### [Data extracts]

• • •

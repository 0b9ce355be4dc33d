-- ===== src/Auth/Sweeping.antt =====
-- The loop over the keys in the task of `AuthService` (Server/Content/auth_service.py), by rounds.
use cpy_q.Prelude.{
  ℕ, ◌≡◌, sym, subst, ◌∙◌, ◌⊎◌, inl, inr, true, false, none, some, List, [], ◌∷◌, Occurs, arith,
  ◌==◌, Bool-cases, Option-cases,
}
use cpy_q.Prelude.Dict.{Dict, lookup}
use cpy_q.Token.{expired}
use cpy_q.Server.{Server}
use cpy_q.Auth.{pop_token_keys}
use cpy_q.Auth.Keys.{IsKeyed, lookup-pop_token_keys, pop_token_keys-IsKeyed}
use cpy_q.Auth.Sweep.{keys, session_of, discard_token, sweep_key, sweep_keys}

pub lookup-keys :
    {V : Type 0} (k : ℕ) (v : V) (d : Dict V) → lookup k d ≡ some v → Occurs k (keys d)
unfolding lookup
lookup-keys k v [] h = cc
lookup-keys k v (e ∷ d) h = elim (Bool-cases (k == e.0)) [
  | inl hit ↦ inl (ground (arith, hit))
  | inr miss ↦ inr (lookup-keys k v d (ground (arith, miss)))
]

abbrev pub Gone : ℕ → Server → ℕ → Type 0
Gone now old k =
    (id : ℕ) × (lookup k old.key_to_token ≡ some id) × (expired now (old.tokens id) ≡ true)

-- How far the loop over the keys has come: tokens are as before, each key of the table leads where
-- it led or is gone with its expired token, and each key belongs to its token.
pub record Swept (now : ℕ) (old srv : Server) : Type 0 where
  pub same_tokens : srv.tokens ≡ old.tokens
  pub kept_or_expired :
      (k : ℕ)
      → (lookup k srv.key_to_token ≡ lookup k old.key_to_token)
        ⊎ ((lookup k srv.key_to_token ≡ none) × Gone now old k)
  pub keyed : IsKeyed srv

-- The state after one expired token is taken out.
abbrev dropped : ℕ → Server → Server
dropped id srv = discard_token (session_of id srv).user.id id (pop_token_keys id srv)

pop_cases :
    (k id j : ℕ) (srv : Server)
    → IsKeyed srv
    → lookup k srv.key_to_token ≡ some id
    → (lookup j (pop_token_keys id srv).key_to_token ≡ lookup j srv.key_to_token)
      ⊎ ((lookup j (pop_token_keys id srv).key_to_token ≡ none)
          × (lookup j srv.key_to_token ≡ some id))
pop_cases k id j srv v h =
    ground (arith, lookup-pop_token_keys j id srv, v.access k id h, v.refresh k id h)

dropped-Swept :
    (now k id : ℕ) (old srv : Server)
    → Swept now old srv
    → lookup k srv.key_to_token ≡ some id
    → expired now (srv.tokens id) ≡ true
    → Swept now old (dropped id srv)
unfolding discard_token
dropped-Swept now k id old srv s h e = record {
  same_tokens = unfold pop_token_keys in s.same_tokens;
  kept_or_expired = λ j. joined j (pop_cases k id j srv s.keyed h) (s.kept_or_expired j);
  keyed = pop_token_keys-IsKeyed k id srv s.keyed h;
}
  where
    over : expired now (old.tokens id) ≡ true
    over = subst (λ f. expired now (f id) ≡ true) s.same_tokens e

    joined :
        (j : ℕ)
        → (lookup j (pop_token_keys id srv).key_to_token ≡ lookup j srv.key_to_token)
          ⊎ ((lookup j (pop_token_keys id srv).key_to_token ≡ none)
              × (lookup j srv.key_to_token ≡ some id))
        → (lookup j srv.key_to_token ≡ lookup j old.key_to_token)
          ⊎ ((lookup j srv.key_to_token ≡ none) × Gone now old j)
        → (lookup j (pop_token_keys id srv).key_to_token ≡ lookup j old.key_to_token)
          ⊎ ((lookup j (pop_token_keys id srv).key_to_token ≡ none) × Gone now old j)
    joined j (inl same) (inl kept) = inl (same ∙ kept)
    joined j (inl same) (inr (away, gone)) = inr (same ∙ away, gone)
    joined j (inr (away, was)) (inl kept) = inr (away, (id, sym kept ∙ was, over))
    joined j (inr (away, was)) (inr (none_left, gone)) = cc

-- What one round of the loop does.
data Round (now k : ℕ) (srv next : Server) : Type 0 where
  skips : lookup k srv.key_to_token ≡ none → next ≡ srv → Round now k srv next
  drops :
      (id : ℕ)
      → lookup k srv.key_to_token ≡ some id
      → expired now (srv.tokens id) ≡ true
      → next ≡ dropped id srv
      → Round now k srv next
  leaves :
      (id : ℕ)
      → lookup k srv.key_to_token ≡ some id
      → expired now (srv.tokens id) ≡ false
      → next ≡ srv
      → Round now k srv next

sweep_key-Round :
    (now k : ℕ) (srv : Server) (cons : List ℕ) → Round now k srv (sweep_key now k (srv, cons)).0
unfolding sweep_key
sweep_key-Round now k srv cons = elim (Option-cases (lookup k srv.key_to_token)) [
  | inl e ↦ skips e (rw (e, sweep_key))
  | inr (id, e) ↦ elim (Bool-cases (expired now (srv.tokens id))) [
    | inl over ↦ drops id e over (rw (e, sweep_key, over))
    | inr good ↦ leaves id e good (rw (e, sweep_key, good))
  ]
]

-- The key leads to no expired token.
abbrev pub IsClean : ℕ → Server → ℕ → Type 0
IsClean now srv k =
    (id : ℕ) → lookup k srv.key_to_token ≡ some id → expired now (srv.tokens id) ≡ false

dropped-IsClean :
    (now k j id : ℕ) (srv : Server)
    → IsKeyed srv
    → lookup k srv.key_to_token ≡ some id
    → IsClean now srv j
    → IsClean now (dropped id srv) j
unfolding discard_token
dropped-IsClean now k j id srv v h c id' e =
    unfold pop_token_keys in c id' (still (pop_cases k id j srv v h))
  where
    still :
        (lookup j (pop_token_keys id srv).key_to_token ≡ lookup j srv.key_to_token)
          ⊎ ((lookup j (pop_token_keys id srv).key_to_token ≡ none)
              × (lookup j srv.key_to_token ≡ some id))
        → lookup j srv.key_to_token ≡ some id'
    still (inl same) = sym same ∙ e
    still (inr (away, was)) = cc (away, e)

dropped_self :
    (now k id : ℕ) (srv : Server)
    → IsKeyed srv
    → lookup k srv.key_to_token ≡ some id
    → IsClean now (dropped id srv) k
unfolding discard_token
dropped_self now k id srv v h id' e = ground (arith, lookup-pop_token_keys k id srv, v.own k id h)

-- A round keeps all that, leaves its own key clean, and leaves clean keys clean.
Round-Swept :
    (now k : ℕ) (old srv next : Server)
    → Round now k srv next
    → Swept now old srv
    → Swept now old next × IsClean now next k × ((j : ℕ) → IsClean now srv j → IsClean now next j)
Round-Swept now k old srv next (skips e n) s = rw n (s, (λ id h. cc), λ j c. c)
Round-Swept now k old srv next (drops id e over n) s = rw n (
  dropped-Swept now k id old srv s e over,
  dropped_self now k id srv s.keyed e,
  λ j. dropped-IsClean now k j id srv s.keyed e,
)
Round-Swept now k old srv next (leaves id e good n) s = rw n (s, (λ id' h. ground arith), λ j c. c)

pub sweep_keys-Swept :
    (now : ℕ) (ks : List ℕ) (old srv : Server) (cons : List ℕ)
    → Swept now old srv
    → let next = (sweep_keys now ks (srv, cons)).0 in
      Swept now old next
      × ((j : ℕ) → IsClean now srv j → IsClean now next j)
      × ((k : ℕ) → Occurs k ks → IsClean now next k)
unfolding sweep_keys
sweep_keys-Swept now [] old srv cons s = (s, (λ j c. c), λ k here. elim here [ ])
sweep_keys-Swept now (k ∷ ks) old srv cons s =
    let st = sweep_key now k (srv, cons) in
    let (s', clean, stays) = Round-Swept now k old srv st.0 (sweep_key-Round now k srv cons) s in
    let (s'', stays', each) = sweep_keys-Swept now ks old st.0 st.1 s' in
    (s'', (λ j c. stays' j (stays j c)), λ j o. pick j o clean stays' each)
  where
    pick :
        (j : ℕ)
        → Occurs j (k ∷ ks)
        → IsClean now (sweep_key now k (srv, cons)).0 k
        → ((i : ℕ)
            → IsClean now (sweep_key now k (srv, cons)).0 i
            → IsClean now (sweep_keys now ks (sweep_key now k (srv, cons))).0 i)
        → ((i : ℕ)
            → Occurs i ks
            → IsClean now (sweep_keys now ks (sweep_key now k (srv, cons))).0 i)
        → IsClean now (sweep_keys now ks (sweep_key now k (srv, cons))).0 j
    pick j (inl e) clean stays each = rw e (stays k clean)
    pick j (inr there) clean stays each = each j there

• • •

### [Assignment]
Check every line of the data for the word "leads". The response is the count alone.

### [Completed exercise]
2